▸ **WORK TO COMPLETE**
Some lines below hold "IsOwnHandle". Pick them out and copy them.

::: DATASET RECORDS :::

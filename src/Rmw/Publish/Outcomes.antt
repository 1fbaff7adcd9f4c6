-- ===== src/Rmw/Publish/Outcomes.antt =====
-- What a publication that succeeds asks of iceoryx2, and that it succeeds whenever iceoryx2 grants
-- it: rmw_publish of src/rmw/publisher.cpp.
use rmw_iceoryx.Common.{
  ◌≡◌, ◌↔◌, ok, none, some, true, false, arith, eq_refl, take, Option, Option-cases, Expected-cases,
  Bool-cases, inl, inr, ap,
}
use rmw_iceoryx.Registry
use rmw_iceoryx.Publisher.{PublisherPort, Session, loan, publish_loan, publish_copy}
use rmw_iceoryx.Publisher.Loans.{LendsFresh}
use rmw_iceoryx.Rmw.Publish.{
  PublisherHandle, rmw_publish, publish_serialized, publish_unserialized, SerializedMessage,
  rmw_serialize, loaned_buffer,
}
use rmw_iceoryx.Rmw.Publish.Messages.{IsOwnHandle, wanted}

module _ {port : PublisherPort} where
  open port use {World, Message, Sample, payload}

  -- Only the middleware has gone on, and to `w`.
  abbrev pub at_world : Session port → World → Session port
  at_world s w = record s { world = w }

  -- The bytes of the message are sent as a copy, and the subscribers are notified.
  pub record SendsCopy (m : Message) (s t : Session port) : Type 0 where
    pub w_sent : World
    pub w_notified : World
    pub sends : port.send_slice_copy (port.image m s.unserialized_size) s.world ≡ (true, w_sent)
    pub notifies : port.notify w_sent ≡ (true, w_notified)
    pub after : t ≡ at_world s w_notified

  -- A loan of the size of the serialized message is filled with it and sent, and the subscribers
  -- are notified.
  pub record SendsSerialized (m : Message) (s t : Session port) : Type 0 where
    pub sample : Sample
    pub serialized : SerializedMessage
    pub w_lent : World
    pub w_sent : World
    pub w_notified : World
    pub lends : port.loan_slice_uninit (wanted m s) s.world ≡ (some sample, w_lent)
    pub serializes :
        rmw_serialize (some m) (some s.typesupport) (some (loaned_buffer (wanted m s)))
        ≡ ok serialized
    pub sends :
        port.send sample
          (port.write (payload sample) (take serialized.buffer_length serialized.buffer) w_lent)
        ≡ (true, w_sent)
    pub notifies : port.notify w_sent ≡ (true, w_notified)
    pub after : t ≡ at_world s w_notified

  -- The message leaves as its handle says.
  pub data Publishes (s t : Session port) : Option PublisherHandle → Option Message → Type 0 where
    as_bytes :
        (h : PublisherHandle) (m : Message)
        → IsOwnHandle h
        → h.can_loan_messages ≡ true
        → SendsCopy m s t
        → Publishes s t (some h) (some m)
    as_message :
        (h : PublisherHandle) (m : Message)
        → IsOwnHandle h
        → h.can_loan_messages ≡ false
        → SendsSerialized m s t
        → Publishes s t (some h) (some m)

  publish_unserialized-SendsCopy :
      (m : Message) (s t : Session port) → publish_unserialized m s ≡ (ok tt, t) → SendsCopy m s t
  unfolding publish_unserialized publish_copy
  publish_unserialized-SendsCopy m s t e =
      let sent = port.send_slice_copy (port.image m s.unserialized_size) s.world in
      elim (Bool-cases sent.0) [
        | inr refused ↦ absurd (ground (arith, e, refused))
        | inl sends ↦ elim (Bool-cases (port.notify sent.1).0) [
          | inr refused ↦ absurd (ground (arith, e, sends, refused))
          | inl notifies ↦ record {
            w_sent = sent.1;
            w_notified = (port.notify sent.1).1;
            sends = ground (arith, sends);
            notifies = ground (arith, notifies);
            after = ground (arith, e, sends, notifies);
          }
        ]
      ]

  SendsCopy-publish_unserialized :
      (m : Message) (s t : Session port) → SendsCopy m s t → publish_unserialized m s ≡ (ok tt, t)
  unfolding publish_unserialized publish_copy
  SendsCopy-publish_unserialized m s t p = ground (arith, p.sends, p.notifies, p.after)

  publish_serialized-SendsSerialized :
      (m : Message) (s t : Session port)
      → LendsFresh s
      → publish_serialized m s ≡ (ok tt, t)
      → SendsSerialized m s t
  unfolding publish_serialized loan publish_loan Registry.retrieve Registry.store Registry.release
  publish_serialized-SendsSerialized m s t fresh e =
      let lent = port.loan_slice_uninit (wanted m s) s.world in
      elim (Option-cases lent.0) [
        | inl refused ↦ absurd (ground (arith, e, refused))
        | inr (sample, lends) ↦
            elim (Expected-cases
              (rmw_serialize (some m) (some s.typesupport) (some (loaned_buffer (wanted m s))))) [
                | inr (c, fails) ↦ absurd (ground (arith, e, lends, fails))
                | inl (text, serializes) ↦
                    let sent =
                      port.send sample (
                        port.write (payload sample) (take text.buffer_length text.buffer) lent.1) in
                    elim (Bool-cases sent.0) [
                      | inr refused ↦ absurd (
                          ground (
                            arith,
                            e,
                            lends,
                            serializes,
                            refused,
                            fresh (wanted m s) sample lends,
                            eq_refl (payload sample),
                          ))
                      | inl sends ↦ elim (Bool-cases (port.notify sent.1).0) [
                        | inr refused ↦ absurd (
                            ground (
                              arith,
                              e,
                              lends,
                              serializes,
                              sends,
                              refused,
                              fresh (wanted m s) sample lends,
                              eq_refl (payload sample),
                            ))
                        | inl notifies ↦ record {
                          sample = sample;
                          serialized = text;
                          w_lent = lent.1;
                          w_sent = sent.1;
                          w_notified = (port.notify sent.1).1;
                          lends = ground (arith, lends);
                          serializes = serializes;
                          sends = ground (arith, sends);
                          notifies = ground (arith, notifies);
                          after = ground (
                            arith,
                            e,
                            lends,
                            serializes,
                            sends,
                            notifies,
                            fresh (wanted m s) sample lends,
                            eq_refl (payload sample),
                          );
                        }
                      ]
                    ]
              ]
      ]

  SendsSerialized-publish_serialized :
      (m : Message) (s t : Session port)
      → LendsFresh s
      → SendsSerialized m s t
      → publish_serialized m s ≡ (ok tt, t)
  unfolding publish_serialized loan publish_loan Registry.retrieve Registry.store Registry.release
  SendsSerialized-publish_serialized m s t fresh p = ground (
    arith,
    p.lends,
    p.serializes,
    p.sends,
    p.notifies,
    p.after,
    fresh (wanted m s) p.sample (ap (λ r. r.0) p.lends),
    eq_refl (payload p.sample),
  )

  own_handle-Publishes :
      (h : PublisherHandle) (m : Message) (s t : Session port)
      → LendsFresh s
      → IsOwnHandle h
      → rmw_publish (some h) (some m) s ≡ (ok tt, t)
      → Publishes s t (some h) (some m)
  unfolding rmw_publish
  own_handle-Publishes h m s t fresh own e = elim (Bool-cases h.can_loan_messages) [
    | inl loans ↦
        as_bytes h m own loans
          (publish_unserialized-SendsCopy m s t (ground (arith, e, own, loans)))
    | inr plain ↦
        as_message h m own plain
          (publish_serialized-SendsSerialized m s t fresh (ground (arith, e, own, plain)))
  ]

  rmw_publish-IsOwnHandle :
      (h : PublisherHandle) (m : Message) (s t : Session port)
      → rmw_publish (some h) (some m) s ≡ (ok tt, t)
      → IsOwnHandle h
  unfolding rmw_publish
  rmw_publish-IsOwnHandle h m s t e = (ground (arith, e), ground (arith, e))

  rmw_publish-to :
      (h : Option PublisherHandle) (msg : Option Message) (s t : Session port)
      → LendsFresh s
      → rmw_publish h msg s ≡ (ok tt, t)
      → Publishes s t h msg
  unfolding rmw_publish
  rmw_publish-to none msg s t fresh e = absurd (cc)
  rmw_publish-to (some h) none s t fresh e = absurd (ground (arith, e))
  rmw_publish-to (some h) (some m) s t fresh e =
      own_handle-Publishes h m s t fresh (rmw_publish-IsOwnHandle h m s t e) e

  rmw_publish-from :
      (h : Option PublisherHandle) (msg : Option Message) (s t : Session port)
      → LendsFresh s
      → Publishes s t h msg
      → rmw_publish h msg s ≡ (ok tt, t)
  unfolding rmw_publish
  rmw_publish-from _ _ s t fresh (as_bytes h m own loans p) =
      ground (arith, own, loans, SendsCopy-publish_unserialized m s t p)
  rmw_publish-from _ _ s t fresh (as_message h m own plain p) =
      ground (arith, own, plain, SendsSerialized-publish_serialized m s t fresh p)

  -- rmw_publish returns RMW_RET_OK exactly if the handle is of this implementation and in place, the
  -- message is given, and iceoryx2 grants what its kind asks for: a self-contained message is sent
  -- as a copy of its bytes; another is serialized into a loan of its serialized size, which is then
  -- sent. In both cases the subscribers are notified, and nothing but the middleware has changed,
  -- if iceoryx2 lends no address that is held.
  pub rmw_publish-Publishes :
      (h : Option PublisherHandle) (msg : Option Message) (s t : Session port)
      → LendsFresh s
      → (rmw_publish h msg s ≡ (ok tt, t)) ↔ Publishes s t h msg
  rmw_publish-Publishes h msg s t fresh =
      (rmw_publish-to h msg s t fresh, rmw_publish-from h msg s t fresh)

:::

▸ **RESPONSE BOX**
use rmw_iceoryx.Rmw.Publish.Messages.{IsOwnHandle, wanted}
        → IsOwnHandle h
        → IsOwnHandle h
      → IsOwnHandle h
  rmw_publish-IsOwnHandle :
      → IsOwnHandle h
  rmw_publish-IsOwnHandle h m s t e = (ground (arith, e), ground (arith, e))
      own_handle-Publishes h m s t fresh (rmw_publish-IsOwnHandle h m s t e) e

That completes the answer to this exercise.